Выбрать главу

Все дело в том, что руководством Наркомата госбезопасности была запланирована операция по аресту и выселению антисоветского, уголовного и социально опасного элемента из Литовской, Латвийской и Эстонской ССР в количестве более 40 тысяч человек. При этом советское руководство допускало, что в создавшихся условиях, возможно, может быть поднят мятеж национальных частей. Для того чтобы исключить такой вариант развития событий, было принято решение о приведении части воинских частей округа, включая и некоторые приграничные дивизии, в состояние полной боевой готовности.

В результате на совещании у Сталина 11 июня командованию ПрибОВО на случай контрреволюционных выступлений было поручено разработать план приведения ряда частей округа в состояние боевой готовности. Здесь надо четко оговорить, что приведение войсковых частей в боевую готовность было проведено до 21 июня только в ПрибОВО. В других приграничных округах ничего подобного не происходило. Причем изначально директива о приведении частей ПрибОВО в боевую готовность не имела прямого отношения к сообщениям разведки об ожидаемом нападении Германии на СССР 22 июня.

13 июня Сталин запустил пробный шар в виде известного сообщения ТАСС. Тем не менее немцы на него так ничего и не ответили, и даже не напечатали его в своих газетах. Это еще раз показало советскому руководству, что Гитлер не намерен соблюдать советско-германские договоры и готовит нападение на СССР.

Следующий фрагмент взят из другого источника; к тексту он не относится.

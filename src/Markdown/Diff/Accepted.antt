-- ===== src/Markdown/Diff/Accepted.antt =====
-- The pairs of a gap that were accepted already.
use any.Common.{
  ℕ, ◌<◌, Bool, true, false, ◌&&◌, ◌||◌, List, [], ◌∷◌, ◌==◌, ltb, ◌≡◌, ◌≢◌, arith, ◌⊎◌, inl, inr,
  Bool-cases,
}
use any.Markdown.Diff.{conflicts, takes_old, takes_new}

-- the pair is one of those accepted
abbrev pub has : List (ℕ × ℕ) → ℕ → ℕ → Bool
has [] o n = false
has ((o', n') ∷ accepted) o n = (o' == o && n' == n) || has accepted o n

pub takes_old-has :
    (o o' n' : ℕ) (acc : List (ℕ × ℕ)) → takes_old o acc ≡ false → has acc o' n' ≡ true → o' ≢ o
unfolding takes_old
takes_old-has o o' n' [] t h = cc
takes_old-has o o' n' ((x, y) ∷ acc) t h = ground (arith, takes_old-has o o' n' acc)

pub takes_new-has :
    (n o' n' : ℕ) (acc : List (ℕ × ℕ)) → takes_new n acc ≡ false → has acc o' n' ≡ true → n' ≢ n
unfolding takes_new
takes_new-has n o' n' [] t h = cc
takes_new-has n o' n' ((x, y) ∷ acc) t h = ground (arith, takes_new-has n o' n' acc)

-- a pair that conflicts with none of the accepted has the same order on both sides
pub conflicts-has :
    (o n o' n' : ℕ) (acc : List (ℕ × ℕ))
    → conflicts o n acc ≡ false
    → has acc o' n' ≡ true
    → o ≢ o'
    → n ≢ n'
    → ((n' < n) × (o' < o)) ⊎ ((n < n') × (o < o'))
unfolding conflicts
conflicts-has o n o' n' [] c h p q = cc
conflicts-has o n o' n' ((x, y) ∷ acc) c h p q = elim (Bool-cases (x == o' && y == n')) [
  | inl e ↦ elim (Bool-cases (ltb n n')) [
    | inl l ↦ inr (ground arith, ground arith)
    | inr l ↦ inl (ground arith, ground arith)
  ]
  | inr e ↦ conflicts-has o n o' n' acc (ground arith) (ground arith) p q
]
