-- ===== src/Markdown/Diff/Candidates.antt =====
-- The candidates of a gap lie within it.
use any.Common.{
  ℕ, zero, suc, ◌+◌, ◌<◌, ◌≤◌, List, [], ◌∷◌, Bytes, get_elem?, if_cases, arith, All, All-append,
}
use any.Markdown.Diff.{
  Scoring, range_from, scored_row, scored_pairs, insert_pair, sort_onto, indices, candidates,
  similarity_at,
}

-- positions in ascending order, within bounds
abbrev pub Within : ℕ → ℕ → List ℕ → Type 0
Within lo hi [] = Unit
Within lo hi (x ∷ xs) = (lo ≤ x) × (x < hi) × Within (suc x) hi xs

pub range_from-Within : (lo count hi : ℕ) → lo + count ≤ hi → Within lo hi (range_from lo count)
unfolding range_from
range_from-Within lo zero hi h = tt
range_from-Within lo (suc count) hi h =
    (omega arith, omega arith, range_from-Within (suc lo) count hi (omega arith))

-- A gap: the old positions from `old_lo` on and before `old_hi`, and the new ones likewise.
module _ (old_lo old_hi new_lo new_hi : ℕ) where
  abbrev pub InGap : ℕ → ℕ → Type 0
  InGap o n = (old_lo ≤ o) × (o < old_hi) × (new_lo ≤ n) × (n < new_hi)

  module _ (scoring : Scoring) where
    open scoring use {Score, lt}

    abbrev ScoredInGap : (ℕ × ℕ) × Score → Type 0
    ScoredInGap ((o, n), s) = InGap o n

    scored_row-All :
        (old new : List Bytes) (threshold : Score) (o lo : ℕ) (ns : List ℕ)
        → old_lo ≤ o
        → o < old_hi
        → new_lo ≤ lo
        → Within lo new_hi ns
        → All ScoredInGap (scored_row scoring old new threshold o ns)
    unfolding scored_row
    scored_row-All old new threshold o lo [] a b c w = tt
    scored_row-All old new threshold o lo (n ∷ ns) a b c (d, e, w) =
        let rest = scored_row-All old new threshold o (suc n) ns a b (omega arith) w in
        if_cases (All ScoredInGap)
          (lt (similarity_at scoring (get_elem? old o) (get_elem? new n)) threshold) _ _ (λ _. rest)
          (λ _. ((a, b, omega arith, e), rest))

    scored_pairs-All :
        (old new : List Bytes) (threshold : Score) (lo : ℕ) (os ns : List ℕ)
        → old_lo ≤ lo
        → Within lo old_hi os
        → Within new_lo new_hi ns
        → All ScoredInGap (scored_pairs scoring old new threshold os ns)
    unfolding scored_pairs
    scored_pairs-All old new threshold lo [] ns a w v = tt
    scored_pairs-All old new threshold lo (o ∷ os) ns a (b, c, w) v =
        All-append ScoredInGap (scored_row scoring old new threshold o ns)
          (scored_pairs scoring old new threshold os ns)
          (scored_row-All old new threshold o new_lo ns (omega arith) c (omega arith) v)
          (scored_pairs-All old new threshold (suc o) os ns (omega arith) w v)

    insert_pair-All :
        (p : (ℕ × ℕ) × Score) (ps : List ((ℕ × ℕ) × Score))
        → ScoredInGap p
        → All ScoredInGap ps
        → All ScoredInGap (insert_pair scoring p ps)
    unfolding insert_pair
    insert_pair-All p [] h a = (h, tt)
    insert_pair-All p (q ∷ qs) h (b, a) =
        if_cases (All ScoredInGap) (lt q.1 p.1) _ _ (λ _. (h, (b, a)))
          (λ _. (b, insert_pair-All p qs h a))

    sort_onto-All :
        (ps sorted : List ((ℕ × ℕ) × Score))
        → All ScoredInGap ps
        → All ScoredInGap sorted
        → All ScoredInGap (sort_onto scoring ps sorted)
    unfolding sort_onto
    sort_onto-All [] sorted a b = b
    sort_onto-All (p ∷ ps) sorted (h, a) b =
        sort_onto-All ps (insert_pair scoring p sorted) a (insert_pair-All p sorted h b)

    indices-All :
        (ps : List ((ℕ × ℕ) × Score))
        → All ScoredInGap ps
        → All (λ (o, n). InGap o n) (indices scoring ps)
    unfolding indices
    indices-All [] a = tt
    indices-All (((o, n), s) ∷ ps) (h, a) = (h, indices-All ps a)

    pub candidates-InGap :
        (old new : List Bytes) (threshold : Score) (os ns : List ℕ)
        → Within old_lo old_hi os
        → Within new_lo new_hi ns
        → All (λ (o, n). InGap o n) (candidates scoring old new threshold os ns)
    unfolding candidates
    candidates-InGap old new threshold os ns w v =
        let scored = scored_pairs scoring old new threshold os ns in
        indices-All (sort_onto scoring scored []) (
          sort_onto-All scored []
            (scored_pairs-All old new threshold old_lo os ns (omega arith) w v) tt)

Однако, судя по тому, что советское военно-политическое руководство запланировало завершение целого ряда крупномасштабных предмобилизационных проектов к началу июля 1941 года, в Кремле ожидали, что ранее этого срока Германия не будет еще готова к нападению на СССР.

Здесь надо сказать, что именно к 1 июля в СССР планировалось завершить: дислокацию армий РГК на территории приграничных округов; формирование первой очереди частей для вновь строящихся укрепленных районов линии Молотова в количестве 45 тысяч человек; переброску глубинных дивизий приграничных округов в соответствии с планом прикрытия.

Даже 19 июня был выпущен утвержденный Сталиным приказ наркома обороны Тимошенко «О маскировке аэродромов», согласно которому рассредоточение и маскировка самолетов должны были быть завершены лишь к 1 июля. Однако если бы Сталин и Тимошенко, принимая это решение 19 июня, были убеждены, что нападения немцев нужно ожидать 22 июня, то приказ о рассредоточении и маскировке самолетов должен был бы иметь сроки исполнения не позднее 20—21 июня.

Еще один пример на ту же тему. 19 июня командир приграничной 125-й стрелковой дивизии генерал-майор Богайчук, чувствуя приближение войны, приказал начать эвакуацию семей начальствующего состава дивизии. На следующий день генерал Жуков направил в его адрес возмущенную телеграмму:

«Приказать командиру дивизии Богайчуку дать шифром личное объяснение народному комиссару обороны, на каком основании он произвел эвакуацию семей начальствующего состава дивизии. Народный комиссар считает это актом трусости, способствующим распространению паники среди населения и провоцирующим на выводы, крайне нежелательные для нас».

Естественно, что такой реакции со стороны начальника Генштаба не могло быть, если бы к этому моменту он обладал информацией, что Германия готовит нападение на СССР 22 июня.

В этой связи возникает резонный вопрос: почему военное и политическое руководство страны пренебрегло многочисленными предупреждениями советской разведки о том, что Германия намерена напасть на СССР 22 июня? Ведь, по подсчетам некоторых историков, до 22 июня в Москву поступило аж сорок семь таких предупреждений.

Все дело в том, что убедительными эти сообщения разведки кажутся нам лишь постфактум. Для начала придется напомнить, что у советской разведки не было агентов в непосредственном окружении Гитлера или высшего немецкого генералитета. Поэтому разведка так и не смогла достать документального подтверждения директив и приказов Гитлера, в том числе и приказов, касающихся сроков нападения на СССР.

В этой ситуации советские разведчики были вынуждены пользоваться слухами о решениях Гитлера и руководства вермахта, которые доходили до наших агентов через третьи и даже четвертые руки. Зачастую в Москву поступали противоречивые сообщения, которые часто содержали грубую дезинформацию. Это задним числом мы знаем, что из данных разведки соответствовало действительности, а что было ложью. Советское руководство на тот момент этого знать не могло. И поэтому относилось к такого рода сообщениям с большой долей скептицизма.